Bread – killing us softly…

Along with most cereals,  I would contend that bread is one of the worst things that anyone can choose to eat, short of known poisons like arsenic.

It’s a shocking idea, isn’t it?

One of the main problems is that our modern breads are baked to be light and fluffy, and they are almost all universally awful in their ingredients. Let’s start with a little myth-busting: despite what we’ve been taught, there isn’t really much difference between white and brown bread. Think of brown bread as white bread, dyed brown, with added bits. They are both nutritionally dead in terms of their vitamin and mineral content and are composed of nothing but empty calories, despite the advertising propaganda about ‘being fortified’.

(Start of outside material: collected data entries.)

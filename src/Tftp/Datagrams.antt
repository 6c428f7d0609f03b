-- ===== src/Tftp/Datagrams.antt =====
-- Whole rounds of `tftp_receive_data` on the datagrams of an honest peer.
use blackmagic_espidf.Base.{
  ℕ, ◌+◌, ◌-◌, ◌<◌, ◌≡◌, ◌≢◌, refl, ◌∙◌, ap, false, Option, none, some, List, [], ◌∷◌, ◌++◌,
  append-nil, length, lt→ltb, ◌==◌, ==_iff, arith,
}
use blackmagic_espidf.Tftp.Packet.{err_ok, Netbuf, netbuf_len, read_u16_n, op_data, ack_packet}
use blackmagic_espidf.Tftp.Receive.{
  datagram, timeout, Action, send, netbuf_delete, World, State, retransmits, continue, return,
  finish_block, after, accept_block, on_datagram, on_timeout, connections, dispatch, round,
}
use blackmagic_espidf.Tftp.Rounds.{
  IsHealthy, IsData, written, written-append, accept_block-healthy, finish-last, finish-more,
  reports, written-reports,
}

module _ {n : ℕ} {payload seg : List ℕ} {segs : Netbuf} (d : IsData n payload seg segs)
    (junk : ℕ) where
  read-opcode : read_u16_n junk (seg ∷ segs) 0 ≡ op_data
  read-opcode = rw d.content

  read-block : read_u16_n junk (seg ∷ segs) 2 ≡ n
  read-block = rw d.content (omega (arith, d.small))

  len-payload : netbuf_len (seg ∷ segs) ≡ 4 + length payload
  len-payload = ap length d.content ∙ omega arith

neq-false : (a b : ℕ) → a ≢ b → (a == b) ≡ false
neq-false a b h = ground arith

on_datagram-next :
    (w : World) (s : State) {payload seg : List ℕ} {segs : Netbuf}
    → IsData s.block payload seg segs
    → on_datagram w s (seg ∷ segs) ≡ accept_block w s (seg ∷ segs)
unfolding on_datagram
on_datagram-next w s d =
    rw (read-opcode d w.junk, read-block d w.junk, (==_iff s.block s.block).1 refl)

-- The block before, again, is acknowledged again.
on_datagram-again :
    (w : World) (s : State) {payload seg : List ℕ} {segs : Netbuf}
    → 0 < s.block
    → IsData (s.block - 1) payload seg segs
    → on_datagram w s (seg ∷ segs)
      ≡ continue s (netbuf_delete ∷ send (ack_packet (s.block - 1)) ∷ [])
unfolding on_datagram
on_datagram-again w s started d = rw (
  read-opcode d w.junk,
  read-block d w.junk,
  neq-false (s.block - 1) s.block (omega arith),
  (==_iff (s.block - 1) (s.block - 1)).1 refl,
)

connected :
    (from : ℕ) (b : Netbuf) (p : Option ℕ)
    → ((connections p (datagram from b)).0 ≡ none)
      × (written (connections p (datagram from b)).1 ≡ [])
unfolding connections
connected from b none = (refl, refl)
connected from b (some peer) = (refl, refl)

module _ (w : World) (s : State) (from : ℕ) (seg : List ℕ) (segs : Netbuf) where
  -- The calls of a round that set up the connection.
  abbrev setup : List Action
  setup = (connections s.peer (datagram from (seg ∷ segs))).1

  abbrev here : State
  here = record s { peer = none }

  round-datagram :
      round w s (datagram from (seg ∷ segs)) ≡ after setup (on_datagram w here (seg ∷ segs))
  unfolding round dispatch
  round-datagram =
      ap (λ p. after setup (on_datagram w (record s { peer = p }) (seg ∷ segs)))
        (connected from (seg ∷ segs) s.peer).0

  module _ (healthy : IsHealthy w) {payload : List ℕ} (d : IsData s.block payload seg segs) where
    -- The writes of the block, and the rest of the round.
    round-next :
        (acts : List Action) × (round w s (datagram from (seg ∷ segs))
          ≡ after setup (
              after acts
                (finish_block w (record here { retries = retransmits }) (4 + length payload))))
        × (written acts ≡ payload)
    round-next =
        let (acts, e, wr) = accept_block-healthy w healthy here d in
        (
          acts,
          round-datagram
              ∙ ap (after setup) (
                  on_datagram-next w here d
                  ∙ e
                  ∙ ap (λ n. after acts (finish_block w (record here { retries = retransmits }) n))
                      (len-payload d w.junk)),
          wr,
        )

    written-round :
        (acts : List Action) (n : ℕ)
        → written acts ≡ payload
        → written (setup ++ (acts ++ reports w s.block n)) ≡ payload
    written-round acts n wr =
        written-append setup (acts ++ reports w s.block n)
        ∙ rw
            (
              (connected from (seg ∷ segs) s.peer).1,
              written-append acts (reports w s.block n),
              wr,
              written-reports w s.block n,
            )
            (append-nil payload)

    -- A block of less than 512 bytes ends the transfer.
    pub round-last :
        length payload < 512
        → (acts : List Action) × (round w s (datagram from (seg ∷ segs))
            ≡ return err_ok (s.received_len + length payload) acts)
          × (written acts ≡ payload)
    round-last short =
        let (acts, e, wr) = round-next in
        let n : ℕ = s.received_len + length payload in
        let count : s.received_len + (4 + length payload - 4) ≡ n = omega arith in
        (
          setup ++ (acts ++ reports w s.block n),
          e
              ∙ ap (λ x. after setup (after acts x))
                  (finish-last w healthy (record here { retries = retransmits })
                      (4 + length payload) (omega arith)
                    ∙ ap (λ k. return err_ok k (reports w s.block k)) count),
          written-round acts n wr,
        )

    -- A full block is followed by the next, with all retransmissions left.
    pub round-more :
        length payload ≡ 512
        → (acts : List Action) × (round w s (datagram from (seg ∷ segs))
            ≡ continue
                (record {
                  received_len = s.received_len + length payload;
                  block = s.block + 1;
                  retries = retransmits;
                  peer = none;
                })
                acts)
          × (written acts ≡ payload)
    round-more full =
        let (acts, e, wr) = round-next in
        let n : ℕ = s.received_len + length payload in
        let count : s.received_len + (4 + length payload - 4) ≡ n = omega arith in
        (
          setup ++ (acts ++ reports w s.block n),
          e
              ∙ ap (λ x. after setup (after acts x))
                  (finish-more w healthy (record here { retries = retransmits })
                      (4 + length payload) (omega arith)
                    ∙ ap
                        (λ k.
                          continue
                            (record here {
                              received_len = k;
                              block = s.block + 1;
                              retries = retransmits;
                            })
                            (reports w s.block k))
                        count),
          written-round acts n wr,
        )

  -- The block before, again, changes nothing but the connection.
  pub round-again :
      {payload : List ℕ}
      → 0 < s.block
      → IsData (s.block - 1) payload seg segs
      → (acts : List Action) × (round w s (datagram from (seg ∷ segs))
          ≡ continue (record s { peer = none }) acts)
        × (written acts ≡ [])
  round-again started d = (
    setup ++ netbuf_delete ∷ send (ack_packet (s.block - 1)) ∷ [],
    round-datagram ∙ ap (after setup) (on_datagram-again w here started d),
    written-append setup (netbuf_delete ∷ send (ack_packet (s.block - 1)) ∷ [])
        ∙ rw (connected from (seg ∷ segs) s.peer).1,
  )

pub reconnected :
    (p : Option ℕ) → ((connections p timeout).0 ≡ p) × (written (connections p timeout).1 ≡ [])
unfolding connections
reconnected none = (refl, refl)
reconnected (some peer) = (refl, refl)

on_timeout-late :
    (s : State)
    → 0 < s.retries
    → 1 < s.block
    → on_timeout s
      ≡ continue (record s { retries = s.retries - 1 }) (send (ack_packet (s.block - 1)) ∷ [])
unfolding on_timeout
on_timeout-late s left started = rw (lt→ltb 0 s.retries left, lt→ltb 1 s.block started)

-- A timeout behind the first block costs a retransmission, and changes nothing else.
pub round-late :
    (w : World) (s : State)
    → 0 < s.retries
    → 1 < s.block
    → (acts : List Action) × (round w s timeout
        ≡ continue (record s { retries = s.retries - 1 }) acts)
      × (written acts ≡ [])
unfolding round dispatch
round-late w s left started =
    let setup : List Action = (connections s.peer timeout).1 in
    let again : List Action = send (ack_packet (s.block - 1)) ∷ [] in
    (
      setup ++ again,
      ap (λ p. after setup (on_timeout (record s { peer = p }))) (reconnected s.peer).0
          ∙ ap (after setup) (on_timeout-late s left started),
      written-append setup again ∙ rw (reconnected s.peer).1,
    )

A better distinction is between the loaves of bygone centuries and the attractive, addictive, sugary, junk food that passes for a bloomer, bap or baguette today.

Although bread used to be a traditional part of the diet of some very healthy cultures, we need to recognize that it was a very different creature indeed to the one that smiles so innocently at us from the supermarket shelves today.

Modern bread is a substantially different product to that which your grandmother would probably have eaten as a child. 70 years ago it contained much less gluten and more fibre, it didn’t instantly turn to sugar as soon as it reached the stomach – and it even had some beneficial nutrients floating around in it. The dark, heavy, grainy, dense loaf of ‘Blacke Bread’ that Chaucer knew in the Middle Ages is even more different again to the modern bread with which we are all so familiar.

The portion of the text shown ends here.